Nice to see more competition in this space as it certainly validates that the area as a whole is ripe for revolution. I suspect that the incumbent POS folks will be going the way of the dinosaur in a few years.
http://www.facecash.com/where.html
The way POS systems work is if you ring food and drinks in a terminal, the drinks get sent to the bar, and the food gets sent to the kitchen. If your using a web based point of sale system and your internet connection dies, none of this can happen. All the sudden you're running the orders around the restaurant by hand (which would _never_ fly).
Overall its web based and my online bank account has been hacked into, thus I never do online banking through the web anymore only through bank's official iPhone app. If the banks can not keep us secure how do you plan on securing payment information entered into your system?
The fact that we use your facial image to effectively authenticate you at the point of sale, which is the whole reason for building this POS system in the first place, makes the system a good deal more secure than anything else out there for retail transactions.

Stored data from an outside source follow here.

-- ===== src/DomainStateMachine/Edges.antt =====
-- The graph that the analyzer builds, against the transitions of the definition.
use mathlib.Core.Path.{subst}
use mathlib.Core.Logic.{⊎_elim}
use ddd_kit_ts.Base.{
  ◌≡◌, ◌⊎◌, ◌↔◌, inl, inr, refl, some, List, [], ◌∷◌, ◌++◌, arith, Bool-cases, Option-cases,
}
use ddd_kit_ts.Base.JsMap
use ddd_kit_ts.Base.JsMap.{JsMap}
use ddd_kit_ts.Base.JsString.{JsString, JsString-discrete}
use ddd_kit_ts.DomainStateMachine.{DomainTransition, DomainStateNode, DomainMachineDefinition}
use ddd_kit_ts.DomainStateMachine.Analyzer.{
  DomainMachineTransitionDescription, insert_string, sort_strings, string_le, keys, describe_inputs,
  describe_states,
}
use ddd_kit_ts.DomainStateMachine.Visited.{In}

-- A transition of the definition leads from the one state to the other.
pub data Edge {C I O D X : Type 0} (d : DomainMachineDefinition C I O D X) (s t : JsString)
    : Type 0 where
  edge :
      {node : DomainStateNode C I O D X} {tr : DomainTransition C I O D X} (input_type : JsString)
      → JsMap.get JsString-discrete s d.states ≡ some node
      → JsMap.get JsString-discrete input_type node.on ≡ some tr
      → tr.target ≡ t
      → Edge d s t

In-insert_string :
    (x s : JsString) (ts : List JsString) → In x (insert_string s ts) ↔ ((s ≡ x) ⊎ In x ts)
unfolding insert_string
In-insert_string x s [] = ground arith
In-insert_string x s (t ∷ ts) = elim (Bool-cases (string_le s t)) [
  | inl front ↦ rw (front, insert_string) (ground arith)
  | inr later ↦ rw (later, insert_string) (ground (arith, In-insert_string x s ts))
]

pub In-sort_strings : (x : JsString) (ts : List JsString) → In x (sort_strings ts) ↔ In x ts
unfolding sort_strings
In-sort_strings x [] = ground arith
In-sort_strings x (t ∷ ts) =
    ground (arith, In-insert_string x t (sort_strings ts), In-sort_strings x ts)

pub In-keys :
    {V : Type 0} (k : JsString) (v : V) (m : JsMap JsString V)
    → JsMap.get JsString-discrete k m ≡ some v
    → In k (keys m)
In-keys k v [] h = absurd (cc)
In-keys k v (e ∷ m) h = elim (JsString-discrete e.0 k) [
  | yes at ↦ inl at
  | no ne ↦ inr (In-keys k v m (ground arith))
]

-- One of the descriptions leads from the one state to the other.
abbrev pub HasEdge : JsString → JsString → List DomainMachineTransitionDescription → Type 0
HasEdge s t [] = ⊥
HasEdge s t (e ∷ es) = ((e.state ≡ s) × (e.target ≡ t)) ⊎ HasEdge s t es

HasEdge-append :
    (s t : JsString) (es fs : List DomainMachineTransitionDescription)
    → HasEdge s t (es ++ fs) ↔ (HasEdge s t es ⊎ HasEdge s t fs)
HasEdge-append s t [] fs = ground arith
HasEdge-append s t (e ∷ es) fs = ground (arith, HasEdge-append s t es fs)

module _ {C I O D X : Type 0} where
  -- Both directions for the input types of one state.
  HasEdge-describe_inputs :
      (s t state : JsString) (on : JsMap JsString (DomainTransition C I O D X))
      (types : List JsString)
      → HasEdge s t (describe_inputs state on types)
      → (state ≡ s)
        × ((input_type : JsString) × (tr : DomainTransition C I O D X) × (JsMap.get
                JsString-discrete input_type on
              ≡ some tr)
            × (tr.target ≡ t))
  unfolding describe_inputs
  HasEdge-describe_inputs s t state on [] h = absurd h
  HasEdge-describe_inputs s t state on (ty ∷ types) h =
      elim (Option-cases (JsMap.get JsString-discrete ty on)) [
        | inl missing ↦
            HasEdge-describe_inputs s t state on types (rw (missing, describe_inputs) at h)
        | inr (tr, e) ↦
            ⊎_elim (λ (here, target). (here, (ty, tr, e, target)))
              (HasEdge-describe_inputs s t state on types) (rw (e, describe_inputs) at h)
      ]

  described_input :
      (state ty : JsString) (on : JsMap JsString (DomainTransition C I O D X))
      (tr : DomainTransition C I O D X) (types : List JsString)
      → In ty types
      → JsMap.get JsString-discrete ty on ≡ some tr
      → HasEdge state tr.target (describe_inputs state on types)
  unfolding describe_inputs
  described_input state ty on tr [] m e = absurd m
  described_input state ty on tr (u ∷ types) (inl at) e =
      let found : JsMap.get JsString-discrete u on ≡ some tr = rw at e in
      rw (found, describe_inputs) (inl (refl, refl))
  described_input state ty on tr (u ∷ types) (inr later) e =
      let rest = described_input state ty on tr types later e in
      elim (Option-cases (JsMap.get JsString-discrete u on)) [
        | inl missing ↦ rw (missing, describe_inputs) rest
        | inr (other, f) ↦ rw (f, describe_inputs) (inr rest)
      ]

  pub HasEdge-describe_states :
      (d : DomainMachineDefinition C I O D X) (s t : JsString) (states : List JsString)
      → HasEdge s t (describe_states d states)
      → Edge d s t
  unfolding describe_states
  HasEdge-describe_states d s t [] h = absurd h
  HasEdge-describe_states d s t (x ∷ states) h =
      elim (Option-cases (JsMap.get JsString-discrete x d.states)) [
        | inl missing ↦ HasEdge-describe_states d s t states (rw (missing, describe_states) at h)
        | inr (node, e) ↦
            let types = sort_strings (keys node.on) in
            ⊎_elim
              (λ here.
                let (at, (ty, tr, f, target)) = HasEdge-describe_inputs s t x node.on types here in
                edge ty (subst (λ z. JsMap.get JsString-discrete z d.states ≡ some node) at e) f
                  target)
              (HasEdge-describe_states d s t states)
              ((HasEdge-append s t (describe_inputs x node.on types) (describe_states d states)).0
                (rw (e, describe_states) at h))
      ]

  pub described_state :
      (d : DomainMachineDefinition C I O D X) (s ty : JsString) (node : DomainStateNode C I O D X)
      (tr : DomainTransition C I O D X) (states : List JsString)
      → In s states
      → JsMap.get JsString-discrete s d.states ≡ some node
      → JsMap.get JsString-discrete ty node.on ≡ some tr
      → HasEdge s tr.target (describe_states d states)
  unfolding describe_states
  described_state d s ty node tr [] m e f = absurd m
  described_state d s ty node tr (x ∷ states) (inl at) e f =
      let types = sort_strings (keys node.on) in
      let found : JsMap.get JsString-discrete x d.states ≡ some node = rw at e in
      let inputs = describe_inputs x node.on types in
      let one =
        described_input x ty node.on tr types
          ((In-sort_strings ty (keys node.on)).1 (In-keys ty tr node.on f)) f in
      rw (found, describe_states)
        ((HasEdge-append s tr.target inputs (describe_states d states)).1
          (inl (subst (λ z. HasEdge z tr.target inputs) at one)))
  described_state d s ty node tr (x ∷ states) (inr later) e f =
      let rest = described_state d s ty node tr states later e f in
      elim (Option-cases (JsMap.get JsString-discrete x d.states)) [
        | inl missing ↦ rw (missing, describe_states) rest
        | inr (other, g) ↦
            rw (g, describe_states)
              ((HasEdge-append s tr.target
                  (describe_inputs x other.on (sort_strings (keys other.on)))
                  (describe_states d states)).1
                (inr rest))
      ]
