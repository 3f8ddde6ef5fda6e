-- ===== src/DomainStateMachine/Outgoing.antt =====
-- The map of outgoing edges that the analyzer fills.
use mathlib.Core.Path.{subst}
use mathlib.Core.Logic.{⊎_elim}
use ddd_kit_ts.Base.{
  ◌≡◌, ◌⊎◌, ◌↔◌, inl, inr, refl, sym, ap, ◌∙◌, none, some, List, [], ◌∷◌, ◌++◌, arith, Option-cases,
  get_or,
}
use ddd_kit_ts.Base.JsMap
use ddd_kit_ts.Base.JsMap.Laws.{get-set_self, get-set_ne}
use ddd_kit_ts.Base.JsString.{JsString, JsString-discrete}
use ddd_kit_ts.DomainStateMachine.{DomainMachineDefinition}
use ddd_kit_ts.DomainStateMachine.Analyzer.{
  Graph, DomainMachineTransitionDescription, keys, edges_of, push_edge, without_edges,
  outgoing_from, sorted_states, transitions_of, outgoing,
}
use ddd_kit_ts.DomainStateMachine.Visited.{In, some-inj}
use ddd_kit_ts.DomainStateMachine.Edges.{
  Edge, edge, HasEdge, HasEdge-describe_states, described_state, In-sort_strings, In-keys,
}

In-append_last : (y t : JsString) (ts : List JsString) → In y (ts ++ t ∷ []) ↔ (In y ts ⊎ (t ≡ y))
In-append_last y t [] = ground arith
In-append_last y t (u ∷ ts) = ground (arith, In-append_last y t ts)

-- The edges of a state, by what its entry is.
edges_of-some :
    (g : Graph) (s : JsString) (ts : List JsString)
    → JsMap.get JsString-discrete s g ≡ some ts
    → edges_of g s ≡ ts
unfolding edges_of
edges_of-some g s ts h = ap (λ o. get_or o []) h

-- What a push does to the entry of a state.
data Pushed (from to : JsString) (g : Graph) (s : JsString) : Type 0 where
  untouched :
      JsMap.get JsString-discrete s (push_edge from to g) ≡ JsMap.get JsString-discrete s g
      → ((from ≡ s) → JsMap.get JsString-discrete s g ≡ none)
      → Pushed from to g s
  extended :
      (ts : List JsString)
      → from ≡ s
      → JsMap.get JsString-discrete s g ≡ some ts
      → JsMap.get JsString-discrete s (push_edge from to g) ≡ some (ts ++ to ∷ [])
      → Pushed from to g s

push_edge-Pushed : (from to : JsString) (g : Graph) (s : JsString) → Pushed from to g s
unfolding push_edge
push_edge-Pushed from to g s = elim (Option-cases (JsMap.get JsString-discrete from g)) [
  | inl missing ↦
      untouched (rw (missing, push_edge) refl)
        (λ e. subst (λ z. JsMap.get JsString-discrete z g ≡ none) e missing)
  | inr (ts, found) ↦ elim (JsString-discrete from s) [
    | no ne ↦
        untouched (rw (found, push_edge) (get-set_ne JsString-discrete from s (ts ++ to ∷ []) g ne))
          (λ e. absurd (ne e))
    | yes e ↦ extended ts e (subst (λ z. JsMap.get JsString-discrete z g ≡ some ts) e found) (
        rw (found, push_edge)
          (subst
            (λ z.
              JsMap.get JsString-discrete z (JsMap.set JsString-discrete from (ts ++ to ∷ []) g)
              ≡ some (ts ++ to ∷ []))
            e (get-set_self JsString-discrete from (ts ++ to ∷ []) g)))
  ]
]

edges_of_same :
    (g h : Graph) (s : JsString)
    → JsMap.get JsString-discrete s g ≡ JsMap.get JsString-discrete s h
    → edges_of g s ≡ edges_of h s
unfolding edges_of
edges_of_same g h s e = ap (λ o. get_or o []) e

outgoing_from_sound :
    (ts : List DomainMachineTransitionDescription) (g : Graph) (x y : JsString)
    → In y (edges_of (outgoing_from g ts) x)
    → In y (edges_of g x) ⊎ HasEdge x y ts
unfolding outgoing_from
outgoing_from_sound [] g x y h = inl h
outgoing_from_sound (t ∷ ts) g x y h =
    elim (outgoing_from_sound ts (push_edge t.state t.target g) x y h) [
      | inr later ↦ inr (inr later)
      | inl m ↦ elim (push_edge-Pushed t.state t.target g x) [
        | untouched same _ ↦
            inl (subst (In y) (edges_of_same (push_edge t.state t.target g) g x same) m)
        | extended us at old new ↦
            ⊎_elim (λ known. inl (subst (In y) (sym (edges_of-some g x us old)) known))
              (λ e. inr (inl (at, e)))
              ((In-append_last y t.target us).0 (
                subst (In y)
                  (edges_of-some (push_edge t.state t.target g) x (us ++ t.target ∷ []) new) m))
      ]
    ]

outgoing_from_complete :
    (ts : List DomainMachineTransitionDescription) (g : Graph) (x y : JsString) (us : List JsString)
    → JsMap.get JsString-discrete x g ≡ some us
    → In y us ⊎ HasEdge x y ts
    → In y (edges_of (outgoing_from g ts) x)
unfolding outgoing_from
outgoing_from_complete [] g x y us h m =
    rw (edges_of-some g x us h) (⊎_elim (λ a. a) (λ b. absurd b) m)
outgoing_from_complete (t ∷ ts) g x y us h m = elim (push_edge-Pushed t.state t.target g x) [
  | untouched same missing ↦
      outgoing_from_complete ts (push_edge t.state t.target g) x y us (same ∙ h) (elim m [
        | inl known ↦ inl known
        | inr (inl (at, e)) ↦ absurd (cc (missing at, h))
        | inr (inr later) ↦ inr later
      ])
  | extended vs at old new ↦
      let same : us ≡ vs = some-inj (sym h ∙ old) in
      outgoing_from_complete ts (push_edge t.state t.target g) x y (vs ++ t.target ∷ []) new
        (elim m [
          | inl known ↦ inl ((In-append_last y t.target vs).1 (inl (subst (In y) same known)))
          | inr (inl (_, e)) ↦ inl ((In-append_last y t.target vs).1 (inr e))
          | inr (inr later) ↦ inr later
        ])
]

without_edges-cases :
    (states : List JsString) (x : JsString)
    → (JsMap.get JsString-discrete x (without_edges states) ≡ none)
      ⊎ (JsMap.get JsString-discrete x (without_edges states) ≡ some [])
unfolding without_edges
without_edges-cases [] x = inl refl
without_edges-cases (s ∷ states) x = ground (arith, without_edges-cases states x)

without_edges-empty :
    (states : List JsString) (x : JsString) → edges_of (without_edges states) x ≡ []
unfolding edges_of
without_edges-empty states x =
    ⊎_elim (ap (λ o. get_or o [])) (ap (λ o. get_or o [])) (without_edges-cases states x)

without_edges-has :
    (states : List JsString) (x : JsString)
    → In x states
    → JsMap.get JsString-discrete x (without_edges states) ≡ some []
unfolding without_edges
without_edges-has [] x m = absurd m
without_edges-has (s ∷ states) x m = ground (arith, without_edges-has states x)

module _ {C I O D X : Type 0} (d : DomainMachineDefinition C I O D X) where
  -- The edges of the graph are the transitions of the definition.
  pub outgoing-Edge : (x y : JsString) → In y (edges_of (outgoing d) x) ↔ Edge d x y
  unfolding outgoing transitions_of
  outgoing-Edge x y = (
    λ m.
        ⊎_elim (λ known. absurd (subst (In y) (without_edges-empty (sorted_states d) x) known))
          (HasEdge-describe_states d x y (sorted_states d))
          (outgoing_from_sound (transitions_of d) (without_edges (sorted_states d)) x y m),
    λ e. elim e [
      | edge {node} {tr} ty at on target ↦
          let states = sorted_states d in
          let known = (In-sort_strings x (keys d.states)).1 (In-keys x node d.states at) in
          outgoing_from_complete (transitions_of d) (without_edges states) x y []
            (without_edges-has states x known)
            (inr (
              subst (λ z. HasEdge x z (transitions_of d)) target
                (described_state d x ty node tr states known at on)))
    ],
  )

That said, maybe they could eventually integrate gears or some other type of offline storage.
Many things can occur in a restaurant that can cause hiccups, but overall I think the benefits outweigh the cons. A great idea.
One thing you'll run in to when you have merchants actually using this is a crushing load of feature requests and support. Since you're using Authorize.net for card payments, right away you'll have store owners complaining that their fees are higher than they used to be. (Maybe that's good for you, just tell them to use FaceCash) We've integrated directly with a few of the processing networks now to get around that. This will be a great tool for getting people on board with FaceCash, but you'll have to keep support/dev in mind or you'll be dragged away from it.

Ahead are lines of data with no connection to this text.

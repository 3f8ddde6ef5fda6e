-- ===== src/DomainStateMachine/Search.antt =====
-- The states that `visitGraph` of src/domain-state-machine/analyzer.ts visits.
use mathlib.Core.Logic.{⊎_elim}
use ddd_kit_ts.Base.{
  ℕ, zero, suc, ◌+◌, ◌≡◌, ◌⊎◌, ◌↔◌, inl, inr, refl, sym, ◌∙◌, some, List, [], ◌∷◌, arith,
  Bool-cases,
}
use ddd_kit_ts.Base.JsString.{JsString}
use ddd_kit_ts.DomainStateMachine.Analyzer.{
  Graph, has_visited, edges_of, push_all, visit_loop, edge_count, visit_graph,
}
use ddd_kit_ts.DomainStateMachine.Visited.{
  In, has_visited_iff, push_all_sound, push_all_complete, push_all-keeps, visit_loop_done, some-inj,
}

-- What holds of the starts and is kept by the edges holds of all that is visited.
visit_loop-sound :
    (P : JsString → Type 0) (g : Graph)
    → ((x y : JsString) → P x → In y (edges_of g x) → P y)
    → (fuel : ℕ) (visited pending v : List JsString) → ((x : JsString) → In x visited → P x)
    → ((x : JsString) → In x pending → P x)
    → visit_loop fuel g visited pending ≡ some v
    → (x : JsString) → In x v
    → P x
unfolding visit_loop
visit_loop-sound P g keep fuel visited [] v known queued h x m =
    known x (rw (some-inj (sym (visit_loop_done fuel g visited) ∙ h)) m)
visit_loop-sound P g keep zero visited (s ∷ pending) v known queued h x m = absurd (cc)
visit_loop-sound P g keep (suc fuel) visited (s ∷ pending) v known queued h x m =
    elim (Bool-cases (has_visited s visited)) [
      | inl old ↦
          visit_loop-sound P g keep fuel visited pending v known (λ y q. queued y (inr q))
            (rw (old, visit_loop) at h) x m
      | inr new ↦
          visit_loop-sound P g keep fuel (s ∷ visited)
            (push_all (s ∷ visited) pending (edges_of g s)) v
            (λ y k. ⊎_elim (λ e. rw (← e) (queued s (inl refl))) (known y) k)
            (λ y q.
              ⊎_elim (λ old. queued y (inr old)) (keep s y (queued s (inl refl)))
                (push_all_sound (s ∷ visited) pending (edges_of g s) y q))
            (rw (new, visit_loop) at h) x m
    ]

-- The visited states contain the starts and are closed under the edges.
record Closed (g : Graph) (visited pending v : List JsString) : Type 0 where
  kept : (x : JsString) → In x visited → In x v
  reached : (x : JsString) → In x pending → In x v
  closed : (x y : JsString) → In x v → In y (edges_of g x) → In y v

-- The states that are visited and those still to visit keep all edges between them.
frontier :
    (g : Graph) (visited pending : List JsString) (s : JsString)
    → ((x y : JsString) → In x visited → In y (edges_of g x) → In y visited ⊎ In y (s ∷ pending))
    → (x y : JsString) → In x (s ∷ visited)
    → In y (edges_of g x)
    → In y (s ∷ visited) ⊎ In y (push_all (s ∷ visited) pending (edges_of g s))
frontier g visited pending s inv x y (inl e) k =
    elim (push_all_complete (s ∷ visited) pending (edges_of g s) y (inr (rw e k))) [
      | inl queued ↦ inr queued
      | inr known ↦ inl ((has_visited_iff y (s ∷ visited)).0 known)
    ]
frontier g visited pending s inv x y (inr old) k = elim (inv x y old k) [
  | inl known ↦ inl (inr known)
  | inr (inl e) ↦ inl (inl e)
  | inr (inr queued) ↦ inr (push_all-keeps (s ∷ visited) pending (edges_of g s) y queued)
]

visit_loop-Closed :
    (fuel : ℕ) (g : Graph) (visited pending v : List JsString)
    → ((x y : JsString) → In x visited → In y (edges_of g x) → In y visited ⊎ In y pending)
    → visit_loop fuel g visited pending ≡ some v
    → Closed g visited pending v
unfolding visit_loop
visit_loop-Closed fuel g visited [] v inv h =
    let e : visited ≡ v = some-inj (sym (visit_loop_done fuel g visited) ∙ h) in
    rw (← e) (record {
      kept = λ x m. m;
      reached = λ x m. absurd m;
      closed = λ x y m k. ⊎_elim (λ a. a) (λ b. absurd b) (inv x y m k);
    })
visit_loop-Closed zero g visited (s ∷ pending) v inv h = absurd (cc)
visit_loop-Closed (suc fuel) g visited (s ∷ pending) v inv h =
    elim (Bool-cases (has_visited s visited)) [
      | inl old ↦
          let here = (has_visited_iff s visited).0 old in
          let c =
            visit_loop-Closed fuel g visited pending v
              (λ x y m k. ground (arith, inv x y m k, here)) (rw (old, visit_loop) at h) in
          record {
            kept = c.kept;
            reached = λ x m. ⊎_elim (λ e. rw (← e) (c.kept s here)) (c.reached x) m;
            closed = c.closed;
          }
      | inr new ↦
          let c =
            visit_loop-Closed fuel g (s ∷ visited) (push_all (s ∷ visited) pending (edges_of g s)) v
              (frontier g visited pending s inv) (rw (new, visit_loop) at h) in
          record {
            kept = λ x m. c.kept x (inr m);
            reached = λ x m.
                ⊎_elim (λ e. c.kept x (inl e))
                  (λ q. c.reached x (push_all-keeps (s ∷ visited) pending (edges_of g s) x q)) m;
            closed = c.closed;
          }
    ]

-- The walks along the edges of a graph.
pub data Walk (g : Graph) (s : JsString) : JsString → Type 0 where
  here : Walk g s s
  along : {x y : JsString} → Walk g s x → In y (edges_of g x) → Walk g s y

visited_of_Walk :
    {g : Graph} {s : JsString} {v : List JsString} {x : JsString}
    → Closed g [] (s ∷ []) v
    → Walk g s x
    → In x v
visited_of_Walk {s} c here = c.reached s (inl refl)
visited_of_Walk c (along {x} {y} w k) = c.closed x y (visited_of_Walk c w) k

-- The search visits exactly the states to which a walk leads.
pub visit_graph_correct :
    (g : Graph) (s : JsString) (v : List JsString)
    → visit_graph g (s ∷ []) ≡ some v
    → (x : JsString) → In x v ↔ Walk g s x
unfolding visit_graph
visit_graph_correct g s v h x = (
  visit_loop-sound (Walk g s) g (λ y z w k. along w k) (1 + edge_count g) [] (s ∷ []) v
      (λ y m. absurd m) (λ y m. ⊎_elim (λ e. rw e here) (λ no. absurd no) m) h x,
  visited_of_Walk (visit_loop-Closed (1 + edge_count g) g [] (s ∷ []) v (λ y z m k. absurd m) h),
)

When I did a Show HN a year back, connectivity was one of the big question marks from everyone. I can report back that you'd be surprised how much of a non-issue it really is. MiFi cards and wireless hotspots are an almost bulletproof backup, it might be a bit slower but the store is open for business. With traditional POS, card processing is down when their connection is down so they're just as bad off as a web-based pos.
Point-of-sale software is well suited for SaaS, despite what many think, so I'm not surprised to see another join the club. Aaron: If you plan on sticking to restaurants/QSR shoot me an e-mail, have an idea I'd like to run past you.